Section 77-13-6 of the Utah Code imposes a time limit for the withdrawal of a no contest plea: "A request to withdraw a plea of guilty or no contest is made by motion and shall be made within 30 days after the entry of the plea." Utah Code Ann. 77-13-6(2)(b) (1995). "This time limit, however, must be construed in conjunction with Rule 11 of the Utah Rules of Criminal Procedure." State v. Price, 837 P.2d 578, 582 (Utah Ct. App. 1992). Rule 11(e) provides that the court may not accept a no contest plea until the court has found "the defendant has been advised of the time limits for filing any motion to withdraw the plea." Utah R. Crim. P. 11(e)(7). Furthermore, the trial court's "[f]ailure to advise the defendant of the time limits for filing any motion to withdraw a plea . . . is not a ground for setting the plea aside, but may be the ground for extending the time to make a motion under Section 77-13-6." Utah R. Crim. P. 11(f). "Therefore, although the language of section 77-13-6(2)(b) is unconditional, it is subject to an exception incorporated within Rule 11." Price, 837 P.2d at 582.
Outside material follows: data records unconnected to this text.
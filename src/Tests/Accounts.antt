-- ===== src/Tests/Accounts.antt =====
-- The theorems on the policy of passwords.
use gamja_market.Base.{◌==◌, ◌≡◌, ◌≤◌, refl, true, false, [], ◌∷◌, ◌++◌, length}
use gamja_market.Base.Text.{Text, text, is_space, trim}
use gamja_market.Accounts.PasswordPolicy.{
  Unicode, any, includes, compact, code_points, identifier_tokens, evaluate_password,
  password_policy_message, common_password_prefixes, predictable_sequences, has_run,
}
use gamja_market.Accounts.PasswordPolicy.Laws.{
  evaluate_password-no_run, password_policy_message-valid, evaluate_password-bounds,
}

-- Tables for texts of small letters and digits.
abbrev plain : Unicode
plain = record { nfkc = λ t. t; lower = λ t. t; letters = λ t. t }

abbrev a_password : Text
a_password = text "Tr4der-of-m4rkets"

password_valid : (evaluate_password plain a_password (text "minsu@example.com" ∷ [])).valid ≡ true
unfolding evaluate_password text is_space common_password_prefixes includes compact
    predictable_sequences has_run code_points identifier_tokens trim
password_valid = refl

evaluate_password-bounds_example :
    (12 ≤ length a_password)
    × (length a_password ≤ 128)
    × (any
          (includes (compact plain a_password))
          (identifier_tokens plain (text "minsu@example.com" ∷ []))
        ≡ false)
evaluate_password-bounds_example =
    evaluate_password-bounds plain a_password (text "minsu@example.com" ∷ []) password_valid

evaluate_password-no_run_example : ¬ (code_points a_password ≡ [] ++ b'T' ∷ b'T' ∷ b'T' ∷ b'T' ∷ [])
evaluate_password-no_run_example =
    evaluate_password-no_run plain a_password (text "minsu@example.com" ∷ []) [] b'T' []
      password_valid refl

password_policy_message-valid_example :
    (length (password_policy_message (evaluate_password plain a_password [])) == 0)
    ≡ (evaluate_password plain a_password []).valid
password_policy_message-valid_example = password_policy_message-valid plain a_password []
It is well established that trial courts bear the burden of showing strict Rule 11 compliance on the record at the time a defendant enters a guilty or no contest plea. See State v. Maguire, 830 P.2d 216, 218 (Utah 1991); State v. Gibbons, 740 P.2d 1309, 1312 (Utah 1987); State v. Smith, 812 P.2d 470, 477 (Utah Ct. App. 1991), cert. denied, 836 P.2d 1383 (Utah 1992). "When plea affidavits are properly incorporated in the record (as when the trial judge ascertains in the plea colloquy that the defendant has read, has understood, and acknowledges all the information contained therein), they may properly form a part of the basis for finding rule 11 compliance." Maguire, 830 P.2d at 217. Nevertheless, "a trial court's failure to strictly comply with Rule 11 in accepting a guilty or no contest plea constitutes good cause, as a matter of law, for the withdrawal of that plea." Smith, 812 P.2d at 476; see also State v. Jennings, 875 P.2d 566, 569 (Utah Ct. App. 1994) (indicating trial court abuses its discretion as a matter of law if it refuses to allow withdrawal of plea not made in strict compliance with Rule 11).
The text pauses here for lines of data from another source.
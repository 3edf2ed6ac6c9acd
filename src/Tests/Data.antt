-- ===== src/Tests/Data.antt =====
-- A market with one reserved product, one accepted trade and its order, and a second, open request.
use gamja_market.Base.{ℕ, refl, Option, none, some, [], ◌∷◌, arith, ◌==◌, Bool-cases, inl, inr}
use gamja_market.Base.Int.{pos}
use gamja_market.Base.Text.{Text}
use gamja_market.Schema.{
  ProductStatus, TradeStatus, PaymentStatus, SettlementStatus, Product, Trade, Payment, Db,
  find_first, count,
}
use gamja_market.Schema.Action.{ok}
use gamja_market.Sound.{IsSound}
use gamja_market.Trades.Model.{entry}
use gamja_market.Payments.Escrow.{balance}
use gamja_market.Payments.Model.{Hash, Provider, TossPayment, TossStatus}

abbrev pub camera : Product
camera = record {
  id = 10;
  author_id = 1;
  neighborhood_id = 1;
  title = [];
  description = [];
  price_krw = 5000;
  category = [];
  status = ProductStatus.reserved;
  created_at = 1;
}

-- The trade of the buyer 2.
abbrev pub sale : TradeStatus → Trade
sale status = record {
  id = 7;
  product_id = 10;
  buyer_id = 2;
  seller_id = 1;
  price_krw = 5000;
  status = status;
  rejected_at = none;
  delivered_at = none;
  auto_confirm_at = some 90;
  confirmed_at = none;
  disputed_at = none;
  cancelled_at = none;
  reason = none;
  updated_at = 3;
}

abbrev pub order : Payment
order = record {
  id = 5;
  trade_id = 7;
  order_id = 9;
  payment_key = none;
  amount_krw = 5000;
  status = PaymentStatus.ready;
  settlement_status = SettlementStatus.hold;
  method_masked = none;
  last_webhook_sequence = pos 0;
  approved_at = none;
  cancelled_at = none;
  refunded_at = none;
  settlement_available_at = none;
  settled_at = none;
  reconciliation_checked_at = none;
  failure_code = none;
}

-- The trade was accepted, and its order waits for its payment.
abbrev pub reserved_market : Db
reserved_market = record {
  users = [];
  sessions = [];
  codes = [];
  throttles = [];
  neighborhoods = [];
  links = [];
  images = [];
  audit_logs = [];
  reports = [];
  messages = [];
  products = camera ∷ [];
  trades = sale TradeStatus.accepted ∷ [];
  histories =
      entry 7 (some 1) (some TradeStatus.requested) TradeStatus.accepted none
      ∷ entry 7 (some 2) none TradeStatus.requested none
      ∷ [];
  payments = order ∷ [];
  ledger = [];
  operations = [];
  webhooks = [];
  outbox = [];
  blocks = [];
  rooms = [];
  participants = [];
}

-- The trade is an open request, and the product is offered.
abbrev pub open_market : Db
open_market = record reserved_market {
  products = record camera { status = ProductStatus.active } ∷ [];
  trades =
      sale TradeStatus.requested
      ∷ record (sale TradeStatus.requested) { id = 8; buyer_id = 3 }
      ∷ [];
  histories = [];
  payments = [];
}

-- The trade was delivered, and its payment is captured.
abbrev pub captured : Payment
captured = record order {
  payment_key = some (1 ∷ []);
  status = PaymentStatus.approved;
  method_masked = some [];
  approved_at = some 4;
}

abbrev pub paid_market : TradeStatus → Db
paid_market status = record reserved_market { trades = sale status ∷ []; payments = captured ∷ [] }

-- The trade was accepted, and no order was made for it.
abbrev pub unpaid_market : Db
unpaid_market = record reserved_market { payments = [] }

abbrev pub no_hash : Hash
no_hash a p = 0

-- A provider that approves, cancels and refunds what it is asked for.
abbrev pub answer : Text → ℕ → ℕ → TossStatus → TossPayment
answer payment_key order_id amount_krw status = record {
  payment_key = payment_key;
  order_id = order_id;
  amount_krw = amount_krw;
  status = status;
  method_masked = [];
}

abbrev pub sandbox : Provider
sandbox = record {
  confirm = λ payment_key order_id amount_krw k.
      ok (answer payment_key order_id amount_krw TossStatus.done);
  cancel = λ payment_key reason k. ok (some (answer payment_key 9 5000 TossStatus.canceled));
  refund = λ payment_key reason k. ok (some (answer payment_key 9 5000 TossStatus.refunded));
  lookup = λ payment_key. ok none;
}

abbrev pub a_key : Option Text
a_key = some (49 ∷ 50 ∷ 51 ∷ 52 ∷ 53 ∷ 54 ∷ 55 ∷ 56 ∷ [])

pub reserved_market-IsSound : IsSound reserved_market
unfolding count find_first balance
reserved_market-IsSound = record {
  reserved = record {
    trade_keys = λ k. ground arith;
    product_keys = λ k. ground arith;
    one_selected = λ p. ground arith;
  };
  audited = record {
    keys = λ k. ground arith;
    derived = λ k. ground arith;
    trail = (refl, refl, (refl, refl, tt));
  };
  escrowed = record {
    keys = λ k. ground arith;
    accounted = λ k. elim (Bool-cases (5 == k)) [ inl e ↦ rw e (refl, refl) | inr e ↦ rw e refl ];
  };
}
Here, defendant executed a plea affidavit in open court that included information about the thirty day time limit to withdraw a plea. Defense counsel certified on the affidavit that he knew defendant had read the affidavit or that he had read it to her. Before accepting the plea, the trial court conducted an abbreviated colloquy. During the colloquy, the court informed defendant of the possible penalties she faced and the constitutional rights she waived by entering into the plea agreement. However, the trial court never established, on the record, whether defendant read, understood or had any questions about the affidavit she executed. See Smith, 812 P.2d at 481 (Russon, J. concurring) ("The trial judge must satisfy him- or herself that where an affidavit is used, the defendant has read and understood it."). Because the trial court failed to establish that defendant read and understood the affidavit, it never properly incorporated the affidavit into the record of the plea hearing. See State v. Vasilacopulos, 756 P.2d 92, 94 (Utah Ct. App. 1988) ("Trial courts may not rely on defense counsel or executed affidavits to satisfy the specific requirements of Rule 11(e)."). Consequently, the record for review before this court does not reflect that defendant entered her plea having been advised of the time limits for filing a motion to withdraw the plea. We must therefore conclude that the trial court's failure to strictly comply with Rule 11(e)(7) in accepting defendant's no contest plea is good cause, as a matter of law, for the withdrawal of that plea. See Jennings, 875 P.2d at 569; Smith, 812 P.2d at 476.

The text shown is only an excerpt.